Гумилев сделал глубокий вдох, стараясь не думать о том, что воздух в камере кисловатый и затхлый, как всегда бывает в помещении, где живут, едят, спят двадцать человек, которых, к тому же, водят в баню только раз в неделю. В конце концов, подумал он, запахи – это очень субъективно, если бы я был эскимосом, то для меня не было бы аромата лучше, чем запах сырой рыбы, а если бы я родился бушменом, то приходил бы в восторг от дымка тлеющего в очаге буйволиного помета. Объективно только наличие в воздухе кислорода, а его здесь достаточно, иначе у меня болела бы не нога, а голова…
И все-таки старая рана напомнила о себе неспроста. Он окончательно убедился в этом, когда после утренней поверки к нему подскочил мелкий блатной Филя и торопливым шепотом протараторил в ухо:
– Приходи в десять на зады литейного цеха, с тобой говорить хотят.
– Погоди, – он цепко схватил Филю за рукав и притянул к себе, – кто хочет?
– Узнаешь! – огрызнулся блатной и резким движением вырвал руку.
Тут же подошел Томаш, большой и надежный, загородил Филе дорогу.
– Что случилось, Лев? Что этому шмендрику от тебя нужно?
– А ты вообще не суйся куда не надо, чудило чешское, – завелся блатной. – Не с тобой разговор!
Впутывать Томаша не хотелось, и Гумилев махнул рукой.
– Ладно, пусти его. Что о шестерку мараться?
Вместе с Томашем пошли к умывальникам. Запасливый чех извлек из кармана робы газетный кулечек с зубным порошком, протянул другу.

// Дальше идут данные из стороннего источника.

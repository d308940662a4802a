-- ===== src/Eval/Valid.antt =====
-- internal/eval/manifest.go: what a manifest that passes its validation promises.
use veritix.Base.{
  ℕ, suc, ◌≡◌, refl, arith, Bool, true, false, not, ◌&&◌, Option, none, some, List, [], ◌∷◌, Str,
  str_eq_iff, any_of, map, All,
}
use veritix.Base.Int.{pos, ltb_ℤ}
use veritix.Base.Walk.{DistinctBy, has_key, is_some}
use veritix.Eval.Manifest.{
  AgentTarget, Defect, Noise, Manifest, has_items, aided, has_name, missing_context, target_fault,
  defect_fault, check_defects, is_target_of, noise_fault, check_noise, validate,
}

-- What a valid manifest promises of one defect.
pub record Scorable (docs : List Str) (d : Defect) : Type 0 where
  pub listed : All (λ id. has_name docs id ≡ true) d.needs_context
  pub targeted : (aided d && not (is_some d.agent)) ≡ false
  pub counted : (a : AgentTarget) → d.agent ≡ some a → ltb_ℤ (pos 0) a.count ≡ true

-- None of some names is in a list of them.
Fresh : List Str → List Defect → Type 0
Fresh seen = All (λ d. has_name seen d.id ≡ false)

missing_none :
    (docs ids : List Str)
    → missing_context docs ids ≡ none
    → All (λ id. has_name docs id ≡ true) ids
unfolding missing_context
missing_none docs [] h = tt
missing_none docs (i ∷ ids) h = (ground (arith, h), missing_none docs ids (ground (arith, h)))

target_none :
    (o : Option AgentTarget) (a : AgentTarget)
    → target_fault o ≡ none
    → o ≡ some a
    → ltb_ℤ (pos 0) a.count ≡ true
unfolding target_fault
target_none none a h e = absurd (ground arith)
target_none (some b) a h e = ground (arith, h, e)

defect_none :
    (docs seen : List Str) (d : Defect)
    → defect_fault docs seen d ≡ none
    → Scorable docs d × (has_name seen d.id ≡ false)
unfolding defect_fault
defect_none docs seen d h = (
  record {
    listed = missing_none docs d.needs_context (ground (arith, h));
    targeted = ground (arith, h);
    counted = λ a. target_none d.agent a (ground (arith, h));
  },
  ground (arith, h),
)

split_head :
    (seen : List Str) (k : Str) (ds : List Defect)
    → Fresh (k ∷ seen) ds
    → Fresh seen ds × (has_key (λ d. d.id) k ds ≡ false)
unfolding Fresh
split_head seen k [] h = (tt, refl)
split_head seen k (d ∷ ds) h =
    let rest = split_head seen k ds h.1 in
    (
      (ground (arith, h.0), rest.0),
      ground (arith, h.0, rest.1, str_eq_iff k d.id, str_eq_iff d.id k),
    )

defects_none :
    (docs : List Str) (i : ℕ) (seen : List Str) (ds : List Defect)
    → check_defects docs i seen ds ≡ none
    → All (Scorable docs) ds × Fresh seen ds × DistinctBy (λ d. d.id) ds
unfolding check_defects Fresh
defects_none docs i seen [] h = (tt, tt, tt)
defects_none docs i seen (d ∷ ds) h =
    let one = defect_none docs seen d (ground (arith, h)) in
    let rest = defects_none docs (suc i) (d.id ∷ seen) ds (ground (arith, h)) in
    let split = split_head seen d.id ds rest.1 in
    ((one.0, rest.0), (one.1, split.0), (split.1, rest.2))

-- No target measures at a place what a noise entry says of it.
abbrev pub Apart : List Defect → Noise → Type 0
Apart defects n = any_of (is_target_of n) defects ≡ false

noise_none :
    (defects : List Defect) (i : ℕ) (ns : List Noise)
    → check_noise defects i ns ≡ none
    → All (Apart defects) ns
unfolding check_noise noise_fault
noise_none defects i [] h = tt
noise_none defects i (n ∷ ns) h =
    (ground (arith, h), noise_none defects (suc i) ns (ground (arith, h)))

-- What a manifest promises that passes its validation.
pub record IsSound (m : Manifest) : Type 0 where
  pub some_defects : has_items m.defects ≡ true
  pub scorable : All (Scorable (map (λ c. c.id) m.context)) m.defects
  pub distinct : DistinctBy (λ d. d.id) m.defects
  pub apart : All (Apart m.defects) m.noise

-- A manifest that passes its validation lists a defect, and no two under one id; each document that
-- a defect needs is listed, only targets of the agent need one, every target has a positive count,
-- and no noise entry describes what a target measures at its place.
pub validate-IsSound : (is_abs : Str → Bool) (m : Manifest) → validate is_abs m ≡ none → IsSound m
unfolding validate
validate-IsSound is_abs m h =
    let docs = map (λ c. c.id) m.context in
    let parts : (has_items m.defects ≡ true)
        × (check_defects docs 0 [] m.defects ≡ none)
        × (check_noise m.defects 0 m.noise ≡ none) =
      (ground (arith, h), ground (arith, h), ground (arith, h)) in
    let defects = defects_none docs 0 [] m.defects parts.1 in
    record {
      some_defects = parts.0;
      scorable = defects.0;
      distinct = defects.2;
      apart = noise_none m.defects 0 m.noise parts.2;
    }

– Возьми, Лев, у тебя, кажется, кончился.
– Ты разоришься со мной, Том! – Гумилев аккуратно отсыпал маленькую щепотку порошка себе в ладонь. – Никогда не умел экономить, каюсь.

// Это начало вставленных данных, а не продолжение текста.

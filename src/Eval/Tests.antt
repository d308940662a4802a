-- ===== src/Eval/Tests.antt =====
-- Evaluation of two runs on a small manifest: runs of the operations, and the theorems at them.
use veritix.Base.{
  ℕ, ◌≡◌, refl, Bool, true, false, none, some, List, [], ◌∷◌, Str, codes, length, any_of, ◌&&◌,
  ◌==◌, str_eq,
}
use veritix.Base.Int.{pos}
use veritix.Finding.Severity.{warning, trim_space}
use veritix.Finding.Model.{Finding, Origin, rule, agent}
use veritix.Eval.Manifest.{
  Defect, Manifest, validate, check_context, check_defects, defect_fault, check_clean, check_noise,
  agent_targets, measures,
}
use veritix.Eval.Match.{converted_by, same_origin, matches_target}
use veritix.Eval.Score.{score_run, claim_first, score_checks, aggregate}
use veritix.Eval.Valid.{IsSound, validate-IsSound}
use veritix.Eval.Ledger.{AccountsFor, score_run-AccountsFor}
use veritix.Eval.Aggregate.{
  CountsFor, aggregate-CountsFor, placed, score_checks-placed, converted_by-matches,
}

abbrev starts_with_slash : Str → Bool
starts_with_slash [] = false
starts_with_slash (c ∷ s) = c == 47

abbrev target : Defect
target = record {
  id = codes "late";
  location = codes "orders.due";
  why = codes "due before it was placed";
  caught_by = codes "none";
  agent = some (record { count = pos 7; equivalent = pos 8 ∷ []; query = codes "q" });
  needs_context = [];
}

abbrev planted : Defect
planted = record {
  id = codes "nulls";
  location = codes "orders.price";
  why = codes "no price";
  caught_by = codes "null";
  agent = none;
  needs_context = [];
}

abbrev small : Manifest
small = record {
  dataset = codes "shop";
  defects = target ∷ planted ∷ [];
  clean = [];
  noise = [];
  context = [];
}

abbrev said : Origin → Str → Str → ℕ → Finding
said origin name column n = record {
  rule = name;
  severity = warning;
  origin = origin;
  title = [];
  detail = [];
  remedy = [];
  location = record {
    table = codes "orders";
    display = [];
    column = column;
    file = [];
    line = pos 0;
  };
  count = pos n;
  total = pos 100;
  evidence = record { count_query = []; row_query = []; expected = []; observed = [] };
  verified = true;
}

abbrev two_claims : List Finding
two_claims = said agent (codes "a") (codes "due") 8 ∷ said agent (codes "b") (codes "due") 7 ∷ []

small_passes : validate starts_with_slash small ≡ none
unfolding validate check_context check_defects defect_fault str_eq trim_space check_clean
    check_noise
small_passes = refl

validate-IsSound_example : IsSound small
validate-IsSound_example = validate-IsSound starts_with_slash small small_passes

-- One finding is credited, the other is a claim.
score_small : length (score_run small two_claims).unclassified ≡ 1
unfolding score_run agent_targets claim_first matches_target str_eq measures
score_small = refl

score_run-AccountsFor_example : AccountsFor small two_claims (score_run small two_claims)
score_run-AccountsFor_example = score_run-AccountsFor small two_claims

score_checks-placed_example : placed (score_checks small two_claims) ≡ 2
score_checks-placed_example = score_checks-placed small two_claims

aggregate-CountsFor_example :
    CountsFor (aggregate small (score_run small two_claims ∷ score_run small [] ∷ []))
aggregate-CountsFor_example =
    aggregate-CountsFor small (score_run small two_claims ∷ score_run small [] ∷ [])

abbrev accepted : List Finding
accepted = said rule (codes "r") (codes "due") 7 ∷ []

accepted_converts : converted_by accepted rule target ≡ true
unfolding converted_by str_eq measures
accepted_converts = refl

converted_by-matches_example :
    any_of (λ f. same_origin f.origin rule && matches_target f target) accepted ≡ true
converted_by-matches_example = converted_by-matches accepted rule target accepted_converts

– Надо учиться! – улыбнулся Томаш. – А то я уйду на волю, кто тебя будет опекать?
– Вот еще! – обиделся Гумилев. – Опекать! А кто тебя от Магоги отмазал, забыл?
– Нет, не забыл. Кстати, зачем все-таки к тебе Филя подходил?
– Шепнул, говорить со мной будут. А кто – не сказал.
Томаш помрачнел.
– Сам как думаешь?
Гумилев осторожно насыпал порошок на новенькую, с жесткой щетинкой зубную щетку – выиграл неделю назад в карты у богатого бухарского еврея Финкельмана – и с удовольствием принялся чистить зубы.
– Не жнаю, Том, – пробормотал он, – может, Ржавый жа штарые дела… может, Жухряч опять баллоны катит… ражберемша, в общем.
– Хочешь, я с тобой пойду? – в голосе Томаша не было особенного энтузиазма, да оно и понятно – та еще радость вписываться не в свою разборку с авторитетными блатными – но Лев знал, что если он скажет «хочу», Томаш пойдет и будет прикрывать ему спину.
– Нет, – сказал он, сплевывая белую от порошка слюну. – Сам разберусь.
– Я на всякий случай ребят предупрежу, – Томаш оглянулся по сторонам, потом сунул руку в карман и быстро протянул что-то Гумилеву. – Вот, возьми, может, пригодится…
Это была завернутая в плотную бумагу бритва – вещь, обычная у блатных, но почти немыслимая в бараках политических. Откуда Томаш ее достал, можно было только догадываться. Лев благодарно сжал запястье чеха.
– Спасибо, друг. Я вечером верну.
…Но он ошибся. На пустыре за литейным цехом его ожидали не Ржавый и не Зухряч. На пустой бочке из-под соляры сидел, щурясь на теплое июньское солнце, его старый знакомец еще по ленинградским «Крестам» Свист. А за ним стояли двое угрюмых коренастых ЗК, которых Гумилев в Норильсклаге никогда прежде не видел.
– Какие люди, – воскликнул Свист, широко разводя синие от наколок руки. Со стороны можно было подумать, что он хочет обнять давно потерянного брата. – Что, Левушка, не думал, наверное, что встретишь меня тут, за Полярным кругом? Ан видишь, как оно повернулось…
– Я слышал, тебя зарезали на пересылке, – сказал Гумилев холодно. – Но недооценил твою живучесть.